-- ===== src/Rag/Qdrant/Store.antt =====
-- src/rag/vectorstores/qdrant_vector_store.cpp, over parameters for cpr's calls, the random engine,
-- the JSON of vectors and the members of a JSON object.
pub mod Searches
use langchain_cpp.Base.{
  ℕ, zero, suc, Bool, true, false, not, List, [], ◌∷◌, ◌++◌, map, ◌==◌, if◌then◌else◌, is_empty,
  length,
}
use langchain_cpp.Base.Text.{Text, codes}
use langchain_cpp.Base.Decimal.{to_string}
use langchain_cpp.Base.Dict.{Dict}
use langchain_cpp.Base.Http.{Response, Send}
use langchain_cpp.Base.Json.{Json}
use langchain_cpp.Base.Outcome.{Outcome, ok, throws}
use langchain_cpp.Base.Exec.{Exec, pure, raise, lift, continue, ◌>>=◌, ◌>>◌}
use langchain_cpp.Rag.Document.{Document}
use langchain_cpp.Rag.Embeddings.{Embeddings, VectorJson}
use langchain_cpp.Rag.VectorStore.{VectorStore}
use langchain_cpp.Rag.Qdrant.{
  generate_uuid_v4, build_create_collection_body, build_upsert_points_body, build_search_body,
  read_search_response,
}

pub record QdrantConfig : Type 0 where
  pub url : Text
  pub collection_name : Text
  pub api_key : Text

-- collection_ready_, and the world `W` of the server, the embeddings and the random engine
pub record QdrantState (W : Type 0) : Type 0 where
  pub collection_ready : Bool
  pub rest : W

-- cpr::Get, Put and Post, and sixteen bytes of the random engine
pub record Outside (W : Type 0) : Type 0 where
  pub get : Text → Dict Text → W → Response × W
  pub put : Send W
  pub post : Send W
  pub random_bytes : W → List ℕ × W

abbrev pub request_headers : QdrantConfig → Dict Text
request_headers config =
    if is_empty config.api_key
    then (codes "Content-Type", codes "application/json") ∷ []
    else (codes "Content-Type", codes "application/json") ∷ (codes "api-key", config.api_key) ∷ []

abbrev pub collection_url : QdrantConfig → Text
collection_url config = config.url ++ (codes "/collections/" ++ config.collection_name)

abbrev pub checked : Text → Response → Outcome Response
checked what response =
    if not (response.status_code == 200)
    then throws (
        codes "QdrantVectorStore: "
        ++ (what
            ++ (codes " (HTTP "
                ++ (to_string response.status_code ++ (codes "): " ++ response.body)))))
    else ok response

abbrev pub on_rest : {W A : Type 0} → Exec W A → Exec (QdrantState W) A
on_rest f s = let (r, w) = f s.rest in (r, record s { rest = w })

abbrev pub set_ready : {W : Type 0} → Bool → Exec (QdrantState W) (Unit {0})
set_ready ready s = (ok tt, record s { collection_ready = ready })

-- vectors.front().size()
abbrev pub front_size : {X : Type 0} → List (List X) → ℕ
front_size [] = 0
front_size (v ∷ vs) = length v

module _ (J : Json) {X W : Type 0} (V : VectorJson J X) (members : J.Value → Dict J.Value)
    (outside : Outside W) (embeddings : Embeddings X W) (config : QdrantConfig) where
  open J use {Value, dump}

  unfoldable pub ask_collection : Exec (QdrantState W) Bool
  ask_collection s =
      let (response, w) = outside.get (collection_url config) (request_headers config) s.rest in
      let ready = response.status_code == 200 in
      (ok ready, record { collection_ready = ready; rest = w })

  -- QdrantVectorStore::collection_exists
  unfoldable pub collection_exists : Exec (QdrantState W) Bool
  unfolding ask_collection
  collection_exists s = if s.collection_ready then (ok true, s) else ask_collection s

  abbrev pub sent : Text → (W → Response × W) → Exec (QdrantState W) Response
  sent what call s =
      let (response, w) = call s.rest in (checked what response, record s { rest = w })

  unfoldable pub create_collection : ℕ → Exec (QdrantState W) (Unit {0})
  create_collection dimension = do
    response ← sent (codes "failed to create collection") (
        outside.put (collection_url config) (request_headers config)
          (dump (build_create_collection_body J dimension)))
    set_ready true

  -- QdrantVectorStore::ensure_collection_exists
  unfoldable pub ensure_collection_exists : ℕ → Exec (QdrantState W) (Unit {0})
  unfolding collection_exists create_collection
  ensure_collection_exists dimension =
      collection_exists >>= λ exists. if exists then pure tt else create_collection dimension

  -- An id for each of `n` documents.
  unfoldable pub generate_ids : ℕ → W → List Text × W
  generate_ids zero w = ([], w)
  generate_ids (suc n) w =
      let (bytes, w') = outside.random_bytes w in
      let (ids, w'') = generate_ids n w' in (generate_uuid_v4 bytes ∷ ids, w'')

  abbrev pub new_ids : ℕ → Exec (QdrantState W) (List Text)
  new_ids n = on_rest (λ w. let (ids, w') = generate_ids n w in (ok ids, w'))

  unfoldable pub upsert : List (Document Value) → Exec (QdrantState W) (Unit {0})
  unfolding ensure_collection_exists generate_ids
  upsert documents = do
    vectors ← on_rest (embeddings.embed_documents (map (λ d. d.content) documents))
    ready ← ensure_collection_exists (front_size vectors)
    ids ← new_ids (length documents)
    response ← sent (codes "failed to upsert points") (
        outside.put (collection_url config ++ codes "/points?wait=true") (request_headers config)
          (dump (build_upsert_points_body J V ids vectors documents)))
    pure tt

  -- QdrantVectorStore::add_documents
  unfoldable pub add_documents : List (Document Value) → Exec (QdrantState W) (Unit {0})
  unfolding upsert
  add_documents documents s = if is_empty documents then (ok tt, s) else upsert documents s

  unfoldable pub search_points : List X → ℕ → Exec (QdrantState W) (List (Document Value))
  search_points query_vector k = do
    response ← sent (codes "search failed") (
        outside.post (collection_url config ++ codes "/points/search") (request_headers config)
          (dump (build_search_body J V query_vector k)))
    lift (read_search_response J members response.body)

  -- QdrantVectorStore::similarity_search
  unfoldable pub similarity_search : Text → ℕ → Exec (QdrantState W) (List (Document Value))
  unfolding collection_exists search_points
  similarity_search query k = do
    query_vector ← on_rest (embeddings.embed_query query)
    exists ← collection_exists
    if not exists then pure [] else search_points query_vector k

  abbrev pub qdrant_store : VectorStore Value (QdrantState W)
  qdrant_store = record { add_documents = add_documents; similarity_search = similarity_search }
....
Work to complete:
Look through the data above. Find each line with the string "Send" and copy it.

Exercise answer:
use langchain_cpp.Base.Http.{Response, Send}
  pub put : Send W
  pub post : Send W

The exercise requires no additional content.